Allerdings ist der Therapieerfolg nur eingeschränkt gültig, da es keine Kontrollgruppen gab. Darüber hinaus ist das verwendete Medikament nicht unproblematisch, da es Hirnblutungen auslösen kann.

Teilnehmer für Studie gesucht

„Ich glaube an die Wirksamkeit der Therapie“, sagt Poli. Über seine randomisierte Placebo-kontrollierte Studie „Revision“ (http://www.revision-trial.de), eine Kollaboration zwischen Augenärzten und Neurologen, will er sie nun beweisen, um sie anerkennen zu lassen.

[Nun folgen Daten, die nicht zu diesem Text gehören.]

-- ===== src/Hnsw/Update/Tracked.antt =====
-- The invariant of the rows: the block, the flags, the ids and the id map in step.
use gvector.Prelude.{
  ℕ, zero, suc, ◌+◌, ◌*◌, ◌<◌, ◌≡◌, refl, sym, ap, ◌∙◌, ◌≢◌, inl, inr, Bool, true, false, none,
  some, List, [], ◌∷◌, ◌++◌, arith, eqb, eqb_iff, Bool-cases, length, get_elem?, set, length-append,
  length-set, get_elem?-set_self, get_elem?-set_ne, get_elem?-lt, get_elem?-append_left,
  get_elem?-append_here, get_elem?-snoc, nat_key, string_key, lookup, insert, erase, lookup-insert,
  lookup-erase,
}
use gvector.Types.{VectorId, F32}
use gvector.Hnsw.Update.Rows.{Rows}

unfoldable pub count_true : List Bool → ℕ
count_true [] = 0
count_true (true ∷ xs) = suc (count_true xs)
count_true (false ∷ xs) = count_true xs

-- A slot is alive when its flag is down.
abbrev pub IsAlive : Rows → ℕ → Type 0
IsAlive r slot = get_elem? r.deleted slot ≡ some false

pub record IsTracked (r : Rows) : Type 0 where
  -- one row of `dim` numbers and one flag for every slot
  pub block : length r.storage ≡ length r.ids * r.dim
  pub flags : length r.deleted ≡ length r.ids
  pub count : r.deleted_count ≡ count_true r.deleted
  -- a mapped id stands in its slot, which is alive
  pub placed :
      (id slot : ℕ)
      → lookup id r.slot_of ≡ some slot
      → (get_elem? r.ids slot ≡ some id) × IsAlive r slot
  -- the id of a slot that is alive is mapped to it
  pub mapped :
      (id slot : ℕ)
      → get_elem? r.ids slot ≡ some id
      → IsAlive r slot
      → lookup id r.slot_of ≡ some slot

count_true-append : (xs : List Bool) → count_true (xs ++ (false ∷ [])) ≡ count_true xs
unfolding count_true
count_true-append [] = refl
count_true-append (true ∷ xs) = ap suc (count_true-append xs)
count_true-append (false ∷ xs) = count_true-append xs

count_true-set :
    (xs : List Bool) (i : ℕ)
    → get_elem? xs i ≡ some false
    → count_true (set xs i true) ≡ count_true xs + 1
unfolding count_true
count_true-set [] i h = cc
count_true-set (true ∷ xs) zero h = cc
count_true-set (false ∷ xs) zero h = omega arith
count_true-set (true ∷ xs) (suc i) h = omega (arith, count_true-set xs i h)
count_true-set (false ∷ xs) (suc i) h = count_true-set xs i h

-- The rows with one more.
abbrev pub pushed : Rows → VectorId → List F32 → Rows
pushed r id v = record r {
  storage = r.storage ++ v;
  ids = r.ids ++ (id ∷ []);
  slot_of = insert id (length r.ids) r.slot_of;
  deleted = r.deleted ++ (false ∷ []);
}

-- The rows with one buried.
abbrev pub buried : Rows → VectorId → ℕ → Rows
buried r id slot = record r {
  slot_of = erase id r.slot_of;
  deleted = set r.deleted slot true;
  deleted_count = r.deleted_count + 1;
}

module _ (r : Rows) (id : VectorId) (valid : IsTracked r) where
  pushed-placed :
      (v : List F32) (key slot : ℕ)
      → lookup key (pushed r id v).slot_of ≡ some slot
      → (get_elem? (r.ids ++ (id ∷ [])) slot ≡ some key) × IsAlive (pushed r id v) slot
  pushed-placed v key slot h = elim (Bool-cases (eqb id key)) [
    | inl e ↦
        let here : slot ≡ length r.ids =
          ground (arith, lookup-insert id key (length r.ids) r.slot_of) in
        (
          get_elem?-append_here r.ids [] id slot here ∙ ap some ((eqb_iff id key).0 e),
          get_elem?-append_here r.deleted [] false slot (omega (arith, here, valid.flags)),
        )
    | inr e ↦
        let old : lookup key r.slot_of ≡ some slot =
          ground (arith, lookup-insert id key (length r.ids) r.slot_of) in
        let (at, alive) = valid.placed key slot old in
        (
          get_elem?-append_left r.ids (id ∷ []) slot (get_elem?-lt r.ids slot key at) ∙ at,
          get_elem?-append_left r.deleted (false ∷ []) slot
                (get_elem?-lt r.deleted slot false alive)
              ∙ alive,
        )
  ]

  pushed-mapped :
      (v : List F32) (key slot : ℕ)
      → lookup id r.slot_of ≡ none
      → get_elem? (r.ids ++ (id ∷ [])) slot ≡ some key
      → IsAlive (pushed r id v) slot
      → lookup key (pushed r id v).slot_of ≡ some slot
  pushed-mapped v key slot fresh h alive = elim (get_elem?-snoc r.ids id key slot h) [
    | inl (l, e) ↦
        let old =
          sym (get_elem?-append_left r.deleted (false ∷ []) slot (omega (arith, valid.flags)))
          ∙ alive in
        ground (arith, valid.mapped key slot e old, lookup-insert id key (length r.ids) r.slot_of)
    | inr (l, e) ↦ ground (arith, lookup-insert id key (length r.ids) r.slot_of)
  ]

  pub pushed-IsTracked :
      (v : List F32) → lookup id r.slot_of ≡ none → length v ≡ r.dim → IsTracked (pushed r id v)
  pushed-IsTracked v fresh l = record {
    block =
        rw (length-append r.storage v, length-append r.ids (id ∷ [])) (omega (arith, valid.block));
    flags =
        omega
          (arith, length-append r.deleted (false ∷ []), length-append r.ids (id ∷ []), valid.flags);
    count = valid.count ∙ sym (count_true-append r.deleted);
    placed = pushed-placed v;
    mapped = λ key slot. pushed-mapped v key slot fresh;
  }

  -- A slot that another id has is another slot.
  buried-alive :
      (slot s : ℕ)
      → IsAlive (buried r id slot) s
      → slot < length r.deleted
      → (slot ≢ s) × IsAlive r s
  buried-alive slot s h l = elim (Bool-cases (eqb slot s)) [
    | inl e ↦
        let same = (eqb_iff slot s).0 e in
        absurd (
          ground (
            arith,
            get_elem?-set_self r.deleted slot true l,
            ap (get_elem? (set r.deleted slot true)) same,
          ))
    | inr e ↦
        let apart : slot ≢ s = λ q. ground (arith, q, e, eqb_iff slot s) in
        (apart, sym (get_elem?-set_ne r.deleted true apart) ∙ h)
  ]

  pub buried-IsTracked : (slot : ℕ) → lookup id r.slot_of ≡ some slot → IsTracked (buried r id slot)
  buried-IsTracked slot here =
      let (at, alive) = valid.placed id slot here in
      let inside = get_elem?-lt r.deleted slot false alive in
      record {
        block = valid.block;
        flags = length-set r.deleted slot true ∙ valid.flags;
        count = omega (arith, valid.count, count_true-set r.deleted slot alive);
        placed = λ key s h. elim (Bool-cases (eqb id key)) [
          | inl e ↦ absurd (ground (arith, lookup-erase id key r.slot_of))
          | inr e ↦
              let old : lookup key r.slot_of ≡ some s =
                ground (arith, lookup-erase id key r.slot_of) in
              let (at', alive') = valid.placed key s old in
              let apart : slot ≢ s =
                λ q. ground (arith, at, at', ap (get_elem? r.ids) q, eqb_iff id key) in
              (at', get_elem?-set_ne r.deleted true apart ∙ alive')
        ];
        mapped = λ key s at' h.
            let (apart, alive') = buried-alive slot s h inside in
            let old = valid.mapped key s at' alive' in
            ground (
              arith,
              old,
              lookup-erase id key r.slot_of,
              here,
              eqb_iff id key,
              ap (λ k. lookup k r.slot_of),
            );
      }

Aber dafür braucht er deutlich mehr Teilnehmer. „Das ist ohne das Wissen darüber, dass es ein Notfall ist, nicht möglich“, sagt der Wissenschaftler. „Denn die Behandlung im Rahmen der Studie muss innerhalb von 4,5 Stunden nach Sehverlust erfolgen.“ Bisher sind es 35, 120 sollten es jedoch sein, um weitermachen zu können, Ziel sind 422 Studienteilnehmer. Teilnehmende Zentren sind neben Tübingen auch Ulm und das Klinikum Stuttgart.

Das Bundesministerium für Bildung und Forschung fördert die Studie mit 4,2 Millionen Euro.